** TASK GOAL **
Every line of the material must come back exactly as given.

DATA FOR REVIEW START

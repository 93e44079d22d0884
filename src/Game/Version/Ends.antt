-- ===== src/Game/Version/Ends.antt =====
-- That the walk along `inheritsFrom` ends when finitely many versions can be fetched, as those of a
-- manifest, and with what.
use rc_launcher.Base.{
  ℕ, zero, suc, ◌+◌, ◌≤◌, ◌<◌, ◌≡◌, refl, sym, ap, ◌∙◌, ◌↔◌, ◌≢◌, inl, inr, true, false, none, some,
  List, [], ◌∷◌, map, length, length-map, Bool-cases, Option-cases, Result-cases, arith, ok,
  if◌then◌else◌,
}
use rc_launcher.Base.Text.{Text, text_eq, text_eq_iff, text_eq_comm, contains}
use rc_launcher.Error.{RcResult}
use rc_launcher.Game.Version.{
  VersionJson, ResolvedVersion, VersionManifest, VersionEntry, find_entry, fetch_entry, merge_chain,
  reverse_onto, walk, resolve_version,
}
use rc_launcher.Game.Version.Walk.{Line, Found, walk_sound, walk_complete}

-- How many of the known ids are not visited.
unfoldable unvisited : List Text → List Text → ℕ
unvisited [] visited = 0
unvisited (k ∷ ks) visited = (if contains k visited then 0 else 1) + unvisited ks visited

unvisited_le : (ks visited : List Text) → unvisited ks visited ≤ length ks
unfolding unvisited
unvisited_le [] visited = omega arith
unvisited_le (k ∷ ks) visited = let h = unvisited_le ks visited in ground (arith, h)

unvisited-cons_le :
    (c : Text) (ks visited : List Text) → unvisited ks (c ∷ visited) ≤ unvisited ks visited
unfolding unvisited contains
unvisited-cons_le c [] visited = omega arith
unvisited-cons_le c (k ∷ ks) visited = let h = unvisited-cons_le c ks visited in ground (arith, h)

unvisited-cons :
    (c : Text) (ks visited : List Text)
    → contains c ks ≡ true
    → contains c visited ≡ false
    → unvisited ks (c ∷ visited) < unvisited ks visited
unfolding unvisited contains
unvisited-cons c [] visited h k = absurd (cc)
unvisited-cons c (x ∷ ks) visited h k = elim (Bool-cases (text_eq c x)) [
  | inl e ↦
      let same : contains x visited ≡ false = rw (sym ((text_eq_iff c x).0 e)) k in
      let le = unvisited-cons_le c ks visited in rw (text_eq_comm x c, e, same) (omega (arith, le))
  | inr e ↦
      let less = unvisited-cons c ks visited (rw (e) at h) k in
      rw (text_eq_comm x c, e) (ground (arith, less))
]

module _ {V : Type 0} (fetch : Text → RcResult (VersionJson V)) (known : List Text)
    (complete : (id : Text) (v : VersionJson V) → fetch id ≡ ok v → contains id known ≡ true) where
  walk_ends :
      (n : ℕ) (current : Text) (visited : List Text) (chain : List (VersionJson V))
      → unvisited known visited < n
      → ¬ (walk fetch n current visited chain ≡ none)
  unfolding walk
  walk_ends zero current visited chain h e = absurd (omega (arith, h))
  walk_ends (suc n) current visited chain h e = elim (Bool-cases (contains current visited)) [
    | inl c ↦ absurd (cc (rw (c) at e))
    | inr c ↦ elim (Result-cases (fetch current)) [
      | inr (x, f) ↦ absurd (cc (rw (c, f) at e))
      | inl (v, f) ↦ elim (Option-cases v.inherits_from) [
        | inl top ↦ absurd (cc (rw (c, f, top) at e))
        | inr (p, up) ↦
            let less = unvisited-cons current known visited (complete current v f) c in
            walk_ends n p (current ∷ visited) (v ∷ chain) (omega (arith, less, h))
              (rw (c, f, up) at e)
      ]
    ]
  ]

  walk-iff-Line :
      (n : ℕ) (start : Text)
      → length known < n
      → (r : ResolvedVersion V)
      → (walk fetch n start [] [] ≡ some (ok r)) ↔ (
          (vs : List (VersionJson V)) × Line fetch start vs
          × (r ≡ merge_chain (reverse_onto vs [])))
  unfolding Found contains
  walk-iff-Line n start enough r = (
    walk_sound fetch n start [] [] r,
    λ (vs, line, same).
        let le = unvisited_le known [] in
        let none_before =
          λ (w : Text) (c : contains w [] ≡ true) (ws : List (VersionJson V)) (l : Line fetch w ws).
            absurd (cc c) in
        elim (walk_complete fetch n start [] [] vs line none_before) [
          | inl spent ↦ absurd (walk_ends n start [] [] (omega (arith, enough, le)) spent)
          | inr found ↦ found ∙ ap (λ x. some (ok x)) (sym same)
        ],
  )

-- The ids of a manifest.
abbrev pub ids : VersionManifest → List Text
ids m = map (λ e. e.id) m.versions

module _ {V : Type 0} (download : Text → RcResult (VersionJson V)) (m : VersionManifest) where
  find_entry-contains :
      (id : Text) (es : List VersionEntry) (e : VersionEntry)
      → find_entry id es ≡ some e
      → contains id (map (λ e. e.id) es) ≡ true
  unfolding find_entry contains
  find_entry-contains id [] e h = absurd (cc)
  find_entry-contains id (x ∷ es) e h = elim (Bool-cases (text_eq x.id id)) [
    | inl q ↦ rw (text_eq_comm id x.id, q) refl
    | inr q ↦ rw (text_eq_comm id x.id, q) (find_entry-contains id es e (rw (q) at h))
  ]

  fetch_entry-known :
      (id : Text) (v : VersionJson V)
      → fetch_entry download m id ≡ ok v
      → contains id (ids m) ≡ true
  unfolding fetch_entry
  fetch_entry-known id v h = elim (Option-cases (find_entry id m.versions)) [
    | inl q ↦ absurd (cc (rw (fetch_entry, q) at h))
    | inr (e, q) ↦ find_entry-contains id m.versions e q
  ]

  -- With fuel for one version more than the manifest lists, the walk returns, whatever the versions
  -- inherit from.
  pub resolve_version-returns :
      (fuel : ℕ) (version_id : Text)
      → length m.versions < fuel
      → resolve_version download m fuel version_id ≢ none
  unfolding resolve_version
  resolve_version-returns fuel id enough =
      let count = length-map (λ e. e.id) m.versions in
      let le = unvisited_le (ids m) [] in
      walk_ends (fetch_entry download m) (ids m) fetch_entry-known fuel id [] []
        (omega (arith, enough, count, le))

  walk-Line :
      (fuel : ℕ) (version_id : Text)
      → length m.versions < fuel
      → (r : ResolvedVersion V)
      → (resolve_version download m fuel version_id ≡ some (ok r)) ↔ (
          (vs : List (VersionJson V)) × Line (fetch_entry download m) version_id vs
          × (r ≡ merge_chain (reverse_onto vs [])))
  unfolding resolve_version
  walk-Line fuel id enough =
      let count = length-map (λ e. e.id) m.versions in
      walk-iff-Line (fetch_entry download m) (ids m) fetch_entry-known fuel id
        (omega (arith, enough, count))

  -- With fuel for one version more than the manifest lists, the walk returns, whatever the versions
  -- inherit from, and a version is resolved exactly if it has a line of parents in the manifest that
  -- ends with a version that inherits from nothing, and to the merge of that line, root first.
  pub resolve_version-iff-Line :
      (fuel : ℕ) (version_id : Text)
      → length m.versions < fuel
      → (r : ResolvedVersion V)
      → (resolve_version download m fuel version_id ≢ none)
        × ((resolve_version download m fuel version_id ≡ some (ok r)) ↔ (
            (vs : List (VersionJson V)) × Line (fetch_entry download m) version_id vs
            × (r ≡ merge_chain (reverse_onto vs []))))
  resolve_version-iff-Line fuel id enough r =
      (resolve_version-returns fuel id enough, walk-Line fuel id enough r)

DATA FOR REVIEW END

** EXERCISE RESULT **
repository 93e44079d22d0884
filename src/Game/Version/Ends.antt
-- ===== src/Game/Version/Ends.antt =====
-- That the walk along `inheritsFrom` ends when finitely many versions can be fetched, as those of a
-- manifest, and with what.
use rc_launcher.Base.{
  ℕ, zero, suc, ◌+◌, ◌≤◌, ◌<◌, ◌≡◌, refl, sym, ap, ◌∙◌, ◌↔◌, ◌≢◌, inl, inr, true, false, none, some,
  List, [], ◌∷◌, map, length, length-map, Bool-cases, Option-cases, Result-cases, arith, ok,
  if◌then◌else◌,
}
use rc_launcher.Base.Text.{Text, text_eq, text_eq_iff, text_eq_comm, contains}
use rc_launcher.Error.{RcResult}
use rc_launcher.Game.Version.{
  VersionJson, ResolvedVersion, VersionManifest, VersionEntry, find_entry, fetch_entry, merge_chain,
  reverse_onto, walk, resolve_version,
}
use rc_launcher.Game.Version.Walk.{Line, Found, walk_sound, walk_complete}

-- How many of the known ids are not visited.
unfoldable unvisited : List Text → List Text → ℕ
unvisited [] visited = 0
unvisited (k ∷ ks) visited = (if contains k visited then 0 else 1) + unvisited ks visited

unvisited_le : (ks visited : List Text) → unvisited ks visited ≤ length ks
unfolding unvisited
unvisited_le [] visited = omega arith
unvisited_le (k ∷ ks) visited = let h = unvisited_le ks visited in ground (arith, h)

unvisited-cons_le :
    (c : Text) (ks visited : List Text) → unvisited ks (c ∷ visited) ≤ unvisited ks visited
unfolding unvisited contains
unvisited-cons_le c [] visited = omega arith
unvisited-cons_le c (k ∷ ks) visited = let h = unvisited-cons_le c ks visited in ground (arith, h)

unvisited-cons :
    (c : Text) (ks visited : List Text)
    → contains c ks ≡ true
    → contains c visited ≡ false
    → unvisited ks (c ∷ visited) < unvisited ks visited
unfolding unvisited contains
unvisited-cons c [] visited h k = absurd (cc)
unvisited-cons c (x ∷ ks) visited h k = elim (Bool-cases (text_eq c x)) [
  | inl e ↦
      let same : contains x visited ≡ false = rw (sym ((text_eq_iff c x).0 e)) k in
      let le = unvisited-cons_le c ks visited in rw (text_eq_comm x c, e, same) (omega (arith, le))
  | inr e ↦
      let less = unvisited-cons c ks visited (rw (e) at h) k in
      rw (text_eq_comm x c, e) (ground (arith, less))
]

module _ {V : Type 0} (fetch : Text → RcResult (VersionJson V)) (known : List Text)
    (complete : (id : Text) (v : VersionJson V) → fetch id ≡ ok v → contains id known ≡ true) where
  walk_ends :
      (n : ℕ) (current : Text) (visited : List Text) (chain : List (VersionJson V))
      → unvisited known visited < n
      → ¬ (walk fetch n current visited chain ≡ none)
  unfolding walk
  walk_ends zero current visited chain h e = absurd (omega (arith, h))
  walk_ends (suc n) current visited chain h e = elim (Bool-cases (contains current visited)) [
    | inl c ↦ absurd (cc (rw (c) at e))
    | inr c ↦ elim (Result-cases (fetch current)) [
      | inr (x, f) ↦ absurd (cc (rw (c, f) at e))
      | inl (v, f) ↦ elim (Option-cases v.inherits_from) [
        | inl top ↦ absurd (cc (rw (c, f, top) at e))
        | inr (p, up) ↦
            let less = unvisited-cons current known visited (complete current v f) c in
            walk_ends n p (current ∷ visited) (v ∷ chain) (omega (arith, less, h))
              (rw (c, f, up) at e)
      ]
    ]
  ]

  walk-iff-Line :
      (n : ℕ) (start : Text)
      → length known < n
      → (r : ResolvedVersion V)
      → (walk fetch n start [] [] ≡ some (ok r)) ↔ (
          (vs : List (VersionJson V)) × Line fetch start vs
          × (r ≡ merge_chain (reverse_onto vs [])))
  unfolding Found contains
  walk-iff-Line n start enough r = (
    walk_sound fetch n start [] [] r,
    λ (vs, line, same).
        let le = unvisited_le known [] in
        let none_before =
          λ (w : Text) (c : contains w [] ≡ true) (ws : List (VersionJson V)) (l : Line fetch w ws).
            absurd (cc c) in
        elim (walk_complete fetch n start [] [] vs line none_before) [
          | inl spent ↦ absurd (walk_ends n start [] [] (omega (arith, enough, le)) spent)
          | inr found ↦ found ∙ ap (λ x. some (ok x)) (sym same)
        ],
  )

-- The ids of a manifest.
abbrev pub ids : VersionManifest → List Text
ids m = map (λ e. e.id) m.versions

module _ {V : Type 0} (download : Text → RcResult (VersionJson V)) (m : VersionManifest) where
  find_entry-contains :
      (id : Text) (es : List VersionEntry) (e : VersionEntry)
      → find_entry id es ≡ some e
      → contains id (map (λ e. e.id) es) ≡ true
  unfolding find_entry contains
  find_entry-contains id [] e h = absurd (cc)
  find_entry-contains id (x ∷ es) e h = elim (Bool-cases (text_eq x.id id)) [
    | inl q ↦ rw (text_eq_comm id x.id, q) refl
    | inr q ↦ rw (text_eq_comm id x.id, q) (find_entry-contains id es e (rw (q) at h))
  ]

  fetch_entry-known :
      (id : Text) (v : VersionJson V)
      → fetch_entry download m id ≡ ok v
      → contains id (ids m) ≡ true
  unfolding fetch_entry
  fetch_entry-known id v h = elim (Option-cases (find_entry id m.versions)) [
    | inl q ↦ absurd (cc (rw (fetch_entry, q) at h))
    | inr (e, q) ↦ find_entry-contains id m.versions e q
  ]

  -- With fuel for one version more than the manifest lists, the walk returns, whatever the versions
  -- inherit from.
  pub resolve_version-returns :
      (fuel : ℕ) (version_id : Text)
      → length m.versions < fuel
      → resolve_version download m fuel version_id ≢ none
  unfolding resolve_version
  resolve_version-returns fuel id enough =
      let count = length-map (λ e. e.id) m.versions in
      let le = unvisited_le (ids m) [] in
      walk_ends (fetch_entry download m) (ids m) fetch_entry-known fuel id [] []
        (omega (arith, enough, count, le))

  walk-Line :
      (fuel : ℕ) (version_id : Text)
      → length m.versions < fuel
      → (r : ResolvedVersion V)
      → (resolve_version download m fuel version_id ≡ some (ok r)) ↔ (
          (vs : List (VersionJson V)) × Line (fetch_entry download m) version_id vs
          × (r ≡ merge_chain (reverse_onto vs [])))
  unfolding resolve_version
  walk-Line fuel id enough =
      let count = length-map (λ e. e.id) m.versions in
      walk-iff-Line (fetch_entry download m) (ids m) fetch_entry-known fuel id
        (omega (arith, enough, count))

  -- With fuel for one version more than the manifest lists, the walk returns, whatever the versions
  -- inherit from, and a version is resolved exactly if it has a line of parents in the manifest that
  -- ends with a version that inherits from nothing, and to the merge of that line, root first.
  pub resolve_version-iff-Line :
      (fuel : ℕ) (version_id : Text)
      → length m.versions < fuel
      → (r : ResolvedVersion V)
      → (resolve_version download m fuel version_id ≢ none)
        × ((resolve_version download m fuel version_id ≡ some (ok r)) ↔ (
            (vs : List (VersionJson V)) × Line (fetch_entry download m) version_id vs
            × (r ≡ merge_chain (reverse_onto vs []))))
  resolve_version-iff-Line fuel id enough r =
      (resolve_version-returns fuel id enough, walk-Line fuel id enough r)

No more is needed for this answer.